- Input data:
►

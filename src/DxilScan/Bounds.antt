-- ===== src/DxilScan/Bounds.antt =====
-- proxy/dxil_scan.cpp: the scan reads nothing outside the container.
use dxr11_pascal.Base.{
  ℕ, zero, suc, ◌+◌, ◌-◌, ◌*◌, ◌/◌, ◌≤◌, ◌<◌, ◌≡◌, refl, ap, ◌∙◌, inl, inr, ◌||◌, some, arith, ltb,
  ◌==◌, Bool-cases, Option-cases,
}
use dxr11_pascal.DxilScan.{
  Memory, header_size, size_field, count_field, feature_tag, read, part_flags, scan_from,
  feature_flags,
}

-- Two memories hold the same bytes below `size`.
abbrev pub Agree : ℕ → Memory → Memory → Type 0
Agree size m m' = (i : ℕ) → i < size → m i ≡ m' i

read-Agree :
    (m m' : Memory) (size n at : ℕ) → Agree size m m' → at + n ≤ size → read m n at ≡ read m' n at
unfolding read
read-Agree m m' size zero at same h = refl
read-Agree m m' size (suc n) at same h =
    omega (arith, same at (omega arith), read-Agree m m' size n (at + 1) same (omega arith))

part_flags-Agree :
    (m m' : Memory) (size off : ℕ)
    → Agree size m m'
    → part_flags m size off ≡ part_flags m' size off
unfolding part_flags
part_flags-Agree m m' size off same = elim (Bool-cases (ltb size off || ltb (size - off) 8)) [
  | inl u ↦ rw u refl
  | inr u ↦
      let tag = read-Agree m m' size 4 off same (ground arith) in
      let length = read-Agree m m' size 4 (off + 4) same (ground arith) in
      rw (u, tag, length)
        (elim (Bool-cases (ltb (size - off - 8) 8)) [
          | inl v ↦ rw v (ground arith)
          | inr v ↦ rw (read-Agree m m' size 8 (off + 8) same (ground arith)) refl
        ])
]

scan_from-Agree :
    (m m' : Memory) (size left i : ℕ)
    → Agree size m m'
    → header_size + (i + left) * 4 ≤ size
    → scan_from m size left i ≡ scan_from m' size left i
unfolding scan_from
scan_from-Agree m m' size zero i same h = refl
scan_from-Agree m m' size (suc left) i same h =
    let off = read-Agree m m' size 4 (header_size + i * 4) same (omega arith) in
    let part =
      ap (part_flags m size) off
      ∙ part_flags-Agree m m' size (read m' 4 (header_size + i * 4)) same in
    rw (part, scan_from)
      (elim (Option-cases (part_flags m' size (read m' 4 (header_size + i * 4)))) [
        | inl u ↦ rw (u, scan_from) (scan_from-Agree m m' size left (i + 1) same (omega arith))
        | inr (flags, u) ↦ rw (u, scan_from) refl
      ])

-- The flags that are found depend only on the bytes below the caller's size: memory that agrees
-- there gives the same flags, whatever the container's table and sizes say. So nothing that is
-- read past the end can change the answer.
pub feature_flags-Agree :
    (m m' : Memory) (size : ℕ)
    → Agree size m m'
    → feature_flags (some m) size ≡ feature_flags (some m') size
unfolding feature_flags
feature_flags-Agree m m' size same = elim (Bool-cases (ltb size header_size)) [
  | inl u ↦ rw u refl
  | inr u ↦
      let magic = read-Agree m m' size 4 0 same (ground arith) in
      let total = read-Agree m m' size 4 size_field same (ground arith) in
      let count = read-Agree m m' size 4 count_field same (ground arith) in
      rw (u, magic, total, count)
        (elim (Bool-cases (ltb ((size - header_size) / 4) (read m' 4 count_field))) [
          | inl v ↦ rw v (ground arith)
          | inr v ↦
              rw (scan_from-Agree m m' size (read m' 4 count_field) 0 same (ground arith)) refl
        ])
]

-- A part that holds flags: inside the container with its eight bytes, and tagged as such.
abbrev pub HasFlags : Memory → ℕ → ℕ → ℕ → Type 0
HasFlags m size off flags =
    (off + 16 ≤ size) × (read m 4 off ≡ feature_tag) × (read m 8 (off + 8) ≡ flags)

part_flags-HasFlags :
    (m : Memory) (size off flags : ℕ)
    → 0 < flags
    → part_flags m size off ≡ some flags
    → HasFlags m size off flags
unfolding part_flags
part_flags-HasFlags m size off flags pos h =
    elim (Bool-cases (ltb size off || ltb (size - off) 8)) [
      | inl u ↦ ground arith
      | inr u ↦ elim (Bool-cases (read m 4 off == feature_tag)) [
        | inl t ↦ elim (Bool-cases (ltb (read m 4 (off + 4)) 8 || ltb (size - off - 8) 8)) [
          | inl v ↦ ground arith
          | inr v ↦ (ground arith, ground arith, ground arith)
        ]
        | inr t ↦ ground arith
      ]
    ]

scan_from-HasFlags :
    (m : Memory) (size left i : ℕ)
    → 0 < scan_from m size left i
    → (k : ℕ) × (k < i + left)
      × HasFlags m size (read m 4 (header_size + k * 4)) (scan_from m size left i)
unfolding scan_from
scan_from-HasFlags m size zero i h = absurd (omega (arith, h))
scan_from-HasFlags m size (suc left) i h =
    elim (Option-cases (part_flags m size (read m 4 (header_size + i * 4)))) [
      | inl u ↦
          let (k, below, has) = scan_from-HasFlags m size left (i + 1) (ground arith) in
          (k, omega arith, rw (u, scan_from) has)
      | inr (flags, u) ↦ (
        i,
        omega arith,
        rw (u, scan_from)
            (part_flags-HasFlags m size (read m 4 (header_size + i * 4)) flags (ground arith) u),
      )
    ]

-- Flags that are reported and not zero are those of a part of the container: one of those that
-- its table counts, inside the container, and tagged as feature flags.
pub feature_flags-HasFlags :
    (m : Memory) (size : ℕ)
    → 0 < feature_flags (some m) size
    → (k : ℕ) × (k < read m 4 count_field)
      × HasFlags m size (read m 4 (header_size + k * 4)) (feature_flags (some m) size)
unfolding feature_flags
feature_flags-HasFlags m size h = ground (arith, scan_from-HasFlags m size (read m 4 count_field) 0)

◄

- What needs to be done: Each line in the listing needs to be copied exactly.

- Result for this exercise:
filename src/DxilScan/Bounds.antt
-- ===== src/DxilScan/Bounds.antt =====
-- proxy/dxil_scan.cpp: the scan reads nothing outside the container.
use dxr11_pascal.Base.{
  ℕ, zero, suc, ◌+◌, ◌-◌, ◌*◌, ◌/◌, ◌≤◌, ◌<◌, ◌≡◌, refl, ap, ◌∙◌, inl, inr, ◌||◌, some, arith, ltb,
  ◌==◌, Bool-cases, Option-cases,
}
use dxr11_pascal.DxilScan.{
  Memory, header_size, size_field, count_field, feature_tag, read, part_flags, scan_from,
  feature_flags,
}

-- Two memories hold the same bytes below `size`.
abbrev pub Agree : ℕ → Memory → Memory → Type 0
Agree size m m' = (i : ℕ) → i < size → m i ≡ m' i

read-Agree :
    (m m' : Memory) (size n at : ℕ) → Agree size m m' → at + n ≤ size → read m n at ≡ read m' n at
unfolding read
read-Agree m m' size zero at same h = refl
read-Agree m m' size (suc n) at same h =
    omega (arith, same at (omega arith), read-Agree m m' size n (at + 1) same (omega arith))

part_flags-Agree :
    (m m' : Memory) (size off : ℕ)
    → Agree size m m'
    → part_flags m size off ≡ part_flags m' size off
unfolding part_flags
part_flags-Agree m m' size off same = elim (Bool-cases (ltb size off || ltb (size - off) 8)) [
  | inl u ↦ rw u refl
  | inr u ↦
      let tag = read-Agree m m' size 4 off same (ground arith) in
      let length = read-Agree m m' size 4 (off + 4) same (ground arith) in
      rw (u, tag, length)
        (elim (Bool-cases (ltb (size - off - 8) 8)) [
          | inl v ↦ rw v (ground arith)
          | inr v ↦ rw (read-Agree m m' size 8 (off + 8) same (ground arith)) refl
        ])
]

scan_from-Agree :
    (m m' : Memory) (size left i : ℕ)
    → Agree size m m'
    → header_size + (i + left) * 4 ≤ size
    → scan_from m size left i ≡ scan_from m' size left i
unfolding scan_from
scan_from-Agree m m' size zero i same h = refl
scan_from-Agree m m' size (suc left) i same h =
    let off = read-Agree m m' size 4 (header_size + i * 4) same (omega arith) in
    let part =
      ap (part_flags m size) off
      ∙ part_flags-Agree m m' size (read m' 4 (header_size + i * 4)) same in
    rw (part, scan_from)
      (elim (Option-cases (part_flags m' size (read m' 4 (header_size + i * 4)))) [
        | inl u ↦ rw (u, scan_from) (scan_from-Agree m m' size left (i + 1) same (omega arith))
        | inr (flags, u) ↦ rw (u, scan_from) refl
      ])

-- The flags that are found depend only on the bytes below the caller's size: memory that agrees
-- there gives the same flags, whatever the container's table and sizes say. So nothing that is
-- read past the end can change the answer.
pub feature_flags-Agree :
    (m m' : Memory) (size : ℕ)
    → Agree size m m'
    → feature_flags (some m) size ≡ feature_flags (some m') size
unfolding feature_flags
feature_flags-Agree m m' size same = elim (Bool-cases (ltb size header_size)) [
  | inl u ↦ rw u refl
  | inr u ↦
      let magic = read-Agree m m' size 4 0 same (ground arith) in
      let total = read-Agree m m' size 4 size_field same (ground arith) in
      let count = read-Agree m m' size 4 count_field same (ground arith) in
      rw (u, magic, total, count)
        (elim (Bool-cases (ltb ((size - header_size) / 4) (read m' 4 count_field))) [
          | inl v ↦ rw v (ground arith)
          | inr v ↦
              rw (scan_from-Agree m m' size (read m' 4 count_field) 0 same (ground arith)) refl
        ])
]

-- A part that holds flags: inside the container with its eight bytes, and tagged as such.
abbrev pub HasFlags : Memory → ℕ → ℕ → ℕ → Type 0
HasFlags m size off flags =
    (off + 16 ≤ size) × (read m 4 off ≡ feature_tag) × (read m 8 (off + 8) ≡ flags)

part_flags-HasFlags :
    (m : Memory) (size off flags : ℕ)
    → 0 < flags
    → part_flags m size off ≡ some flags
    → HasFlags m size off flags
unfolding part_flags
part_flags-HasFlags m size off flags pos h =
    elim (Bool-cases (ltb size off || ltb (size - off) 8)) [
      | inl u ↦ ground arith
      | inr u ↦ elim (Bool-cases (read m 4 off == feature_tag)) [
        | inl t ↦ elim (Bool-cases (ltb (read m 4 (off + 4)) 8 || ltb (size - off - 8) 8)) [
          | inl v ↦ ground arith
          | inr v ↦ (ground arith, ground arith, ground arith)
        ]
        | inr t ↦ ground arith
      ]
    ]

scan_from-HasFlags :
    (m : Memory) (size left i : ℕ)
    → 0 < scan_from m size left i
    → (k : ℕ) × (k < i + left)
      × HasFlags m size (read m 4 (header_size + k * 4)) (scan_from m size left i)
unfolding scan_from
scan_from-HasFlags m size zero i h = absurd (omega (arith, h))
scan_from-HasFlags m size (suc left) i h =
    elim (Option-cases (part_flags m size (read m 4 (header_size + i * 4)))) [
      | inl u ↦
          let (k, below, has) = scan_from-HasFlags m size left (i + 1) (ground arith) in
          (k, omega arith, rw (u, scan_from) has)
      | inr (flags, u) ↦ (
        i,
        omega arith,
        rw (u, scan_from)
            (part_flags-HasFlags m size (read m 4 (header_size + i * 4)) flags (ground arith) u),
      )
    ]

-- Flags that are reported and not zero are those of a part of the container: one of those that
-- its table counts, inside the container, and tagged as feature flags.
pub feature_flags-HasFlags :
    (m : Memory) (size : ℕ)
    → 0 < feature_flags (some m) size
    → (k : ℕ) × (k < read m 4 count_field)
      × HasFlags m size (read m 4 (header_size + k * 4)) (feature_flags (some m) size)
unfolding feature_flags
feature_flags-HasFlags m size h = ground (arith, scan_from-HasFlags m size (read m 4 count_field) 0)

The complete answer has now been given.